··· Supplied entries ···
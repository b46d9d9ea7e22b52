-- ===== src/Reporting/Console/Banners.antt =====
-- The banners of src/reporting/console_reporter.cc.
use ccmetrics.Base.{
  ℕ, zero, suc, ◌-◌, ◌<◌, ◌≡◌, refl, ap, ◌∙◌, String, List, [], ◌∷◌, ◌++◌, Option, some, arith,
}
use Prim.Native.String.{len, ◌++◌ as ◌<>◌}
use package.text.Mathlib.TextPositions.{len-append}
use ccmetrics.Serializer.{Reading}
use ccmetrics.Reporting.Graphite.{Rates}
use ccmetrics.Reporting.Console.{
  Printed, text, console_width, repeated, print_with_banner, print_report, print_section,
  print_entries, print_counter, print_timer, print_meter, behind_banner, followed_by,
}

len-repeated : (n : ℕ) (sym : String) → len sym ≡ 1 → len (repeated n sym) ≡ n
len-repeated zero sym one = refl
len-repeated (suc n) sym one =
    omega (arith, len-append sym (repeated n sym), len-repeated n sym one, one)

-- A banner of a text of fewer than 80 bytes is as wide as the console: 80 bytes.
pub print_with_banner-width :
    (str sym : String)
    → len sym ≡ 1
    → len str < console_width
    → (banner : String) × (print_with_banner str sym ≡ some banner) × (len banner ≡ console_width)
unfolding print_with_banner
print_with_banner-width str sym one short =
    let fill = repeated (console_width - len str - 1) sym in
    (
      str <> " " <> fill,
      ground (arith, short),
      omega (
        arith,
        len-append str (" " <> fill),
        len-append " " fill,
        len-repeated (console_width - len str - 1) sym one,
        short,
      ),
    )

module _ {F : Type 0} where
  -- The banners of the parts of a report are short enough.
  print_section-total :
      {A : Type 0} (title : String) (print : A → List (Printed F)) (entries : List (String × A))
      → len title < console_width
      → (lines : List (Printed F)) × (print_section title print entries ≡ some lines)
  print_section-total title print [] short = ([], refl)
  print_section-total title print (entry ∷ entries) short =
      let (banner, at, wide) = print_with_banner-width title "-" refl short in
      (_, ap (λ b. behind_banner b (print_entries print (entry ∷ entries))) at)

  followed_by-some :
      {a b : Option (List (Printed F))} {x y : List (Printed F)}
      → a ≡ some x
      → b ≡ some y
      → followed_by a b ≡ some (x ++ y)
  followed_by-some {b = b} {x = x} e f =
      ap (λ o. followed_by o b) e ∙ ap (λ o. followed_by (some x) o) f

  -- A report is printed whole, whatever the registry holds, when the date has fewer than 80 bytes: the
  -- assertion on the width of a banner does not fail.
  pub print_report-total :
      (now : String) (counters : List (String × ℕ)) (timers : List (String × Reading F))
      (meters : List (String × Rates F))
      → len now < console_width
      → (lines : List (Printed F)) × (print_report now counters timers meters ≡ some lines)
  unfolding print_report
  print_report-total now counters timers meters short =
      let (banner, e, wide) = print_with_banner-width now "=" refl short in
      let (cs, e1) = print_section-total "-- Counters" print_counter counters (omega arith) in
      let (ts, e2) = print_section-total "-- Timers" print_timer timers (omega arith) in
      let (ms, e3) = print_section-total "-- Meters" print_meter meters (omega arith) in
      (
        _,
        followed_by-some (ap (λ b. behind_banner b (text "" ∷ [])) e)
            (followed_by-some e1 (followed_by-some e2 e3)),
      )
···
* _Assignment_: Look for the word "String" throughout the material above and copy every line that has it.

* _Task answer_:
  ℕ, zero, suc, ◌-◌, ◌<◌, ◌≡◌, refl, ap, ◌∙◌, String, List, [], ◌∷◌, ◌++◌, Option, some, arith,
use Prim.Native.String.{len, ◌++◌ as ◌<>◌}
len-repeated : (n : ℕ) (sym : String) → len sym ≡ 1 → len (repeated n sym) ≡ n
    (str sym : String)
    → (banner : String) × (print_with_banner str sym ≡ some banner) × (len banner ≡ console_width)
      {A : Type 0} (title : String) (print : A → List (Printed F)) (entries : List (String × A))
      (now : String) (counters : List (String × ℕ)) (timers : List (String × Reading F))
      (meters : List (String × Rates F))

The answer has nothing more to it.